SUPPLIED RECORDS.
++++
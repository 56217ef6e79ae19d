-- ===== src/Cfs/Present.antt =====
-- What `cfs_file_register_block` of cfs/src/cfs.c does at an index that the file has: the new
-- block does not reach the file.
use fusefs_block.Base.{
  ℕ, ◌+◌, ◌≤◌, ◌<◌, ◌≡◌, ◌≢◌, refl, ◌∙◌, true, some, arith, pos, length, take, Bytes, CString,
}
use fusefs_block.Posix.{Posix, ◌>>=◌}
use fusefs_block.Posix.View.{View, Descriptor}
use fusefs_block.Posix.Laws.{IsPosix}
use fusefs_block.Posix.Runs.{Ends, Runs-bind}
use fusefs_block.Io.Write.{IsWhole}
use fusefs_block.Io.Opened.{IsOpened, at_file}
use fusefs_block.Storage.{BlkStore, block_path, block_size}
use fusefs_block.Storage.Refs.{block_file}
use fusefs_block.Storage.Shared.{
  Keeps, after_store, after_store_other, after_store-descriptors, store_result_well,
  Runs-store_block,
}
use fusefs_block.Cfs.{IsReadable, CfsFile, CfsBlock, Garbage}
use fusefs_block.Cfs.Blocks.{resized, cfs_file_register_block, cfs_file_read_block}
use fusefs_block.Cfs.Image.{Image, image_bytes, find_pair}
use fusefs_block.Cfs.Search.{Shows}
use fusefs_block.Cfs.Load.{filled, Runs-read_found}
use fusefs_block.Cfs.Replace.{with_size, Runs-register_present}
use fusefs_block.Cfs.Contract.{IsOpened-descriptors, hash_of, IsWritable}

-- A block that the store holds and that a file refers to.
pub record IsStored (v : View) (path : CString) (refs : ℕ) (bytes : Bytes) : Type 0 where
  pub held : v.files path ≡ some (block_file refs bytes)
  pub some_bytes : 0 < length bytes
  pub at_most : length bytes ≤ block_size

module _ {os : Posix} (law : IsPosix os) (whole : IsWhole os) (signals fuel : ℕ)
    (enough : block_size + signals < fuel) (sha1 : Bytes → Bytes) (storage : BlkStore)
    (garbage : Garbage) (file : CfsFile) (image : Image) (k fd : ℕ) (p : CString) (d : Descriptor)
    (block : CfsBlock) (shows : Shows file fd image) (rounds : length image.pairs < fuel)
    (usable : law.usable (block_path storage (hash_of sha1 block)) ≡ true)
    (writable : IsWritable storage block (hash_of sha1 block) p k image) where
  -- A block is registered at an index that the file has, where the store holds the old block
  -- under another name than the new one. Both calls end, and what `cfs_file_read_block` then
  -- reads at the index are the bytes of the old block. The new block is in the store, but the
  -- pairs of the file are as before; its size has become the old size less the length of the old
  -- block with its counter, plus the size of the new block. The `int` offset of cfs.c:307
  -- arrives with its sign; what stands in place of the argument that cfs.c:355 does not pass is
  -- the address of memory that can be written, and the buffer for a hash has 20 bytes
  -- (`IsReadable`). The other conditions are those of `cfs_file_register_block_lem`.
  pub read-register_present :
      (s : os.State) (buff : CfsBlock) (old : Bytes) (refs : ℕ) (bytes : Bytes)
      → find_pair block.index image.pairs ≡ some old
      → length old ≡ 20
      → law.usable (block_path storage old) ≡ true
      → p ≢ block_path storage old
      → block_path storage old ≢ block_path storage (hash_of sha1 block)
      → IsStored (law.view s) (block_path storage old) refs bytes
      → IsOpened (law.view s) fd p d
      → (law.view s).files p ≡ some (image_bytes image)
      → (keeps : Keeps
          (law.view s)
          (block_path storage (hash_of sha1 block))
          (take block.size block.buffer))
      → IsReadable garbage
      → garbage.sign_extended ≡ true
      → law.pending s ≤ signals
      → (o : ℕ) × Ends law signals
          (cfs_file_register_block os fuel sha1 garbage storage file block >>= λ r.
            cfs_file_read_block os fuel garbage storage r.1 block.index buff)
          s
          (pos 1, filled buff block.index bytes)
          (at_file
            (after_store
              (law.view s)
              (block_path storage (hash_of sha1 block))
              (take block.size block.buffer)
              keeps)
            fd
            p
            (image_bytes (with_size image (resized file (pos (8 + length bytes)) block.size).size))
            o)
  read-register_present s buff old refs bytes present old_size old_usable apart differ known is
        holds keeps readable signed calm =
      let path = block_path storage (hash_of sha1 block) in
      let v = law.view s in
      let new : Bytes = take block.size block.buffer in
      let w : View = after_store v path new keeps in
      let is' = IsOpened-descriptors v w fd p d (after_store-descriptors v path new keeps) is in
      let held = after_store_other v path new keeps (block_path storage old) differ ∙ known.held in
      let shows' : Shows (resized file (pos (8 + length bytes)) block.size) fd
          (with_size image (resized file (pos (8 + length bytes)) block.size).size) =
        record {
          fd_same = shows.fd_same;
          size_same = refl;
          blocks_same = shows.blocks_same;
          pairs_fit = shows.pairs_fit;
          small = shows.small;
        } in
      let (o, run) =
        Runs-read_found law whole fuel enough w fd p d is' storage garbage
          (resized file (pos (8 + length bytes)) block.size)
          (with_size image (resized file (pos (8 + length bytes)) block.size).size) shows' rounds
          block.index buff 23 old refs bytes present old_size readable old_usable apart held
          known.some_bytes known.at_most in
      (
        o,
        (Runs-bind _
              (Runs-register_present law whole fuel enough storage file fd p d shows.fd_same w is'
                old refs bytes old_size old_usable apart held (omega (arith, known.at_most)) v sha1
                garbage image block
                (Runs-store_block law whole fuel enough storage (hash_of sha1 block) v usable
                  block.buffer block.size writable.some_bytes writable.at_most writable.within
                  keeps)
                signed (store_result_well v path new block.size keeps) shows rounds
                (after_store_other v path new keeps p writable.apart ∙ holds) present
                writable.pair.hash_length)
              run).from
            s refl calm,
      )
++++
GOAL OF THE EXERCISE. Lines with "bind" in the records above: copy every one of them.

ANSWER BELOW.
use fusefs_block.Posix.Runs.{Ends, Runs-bind}
        (Runs-bind _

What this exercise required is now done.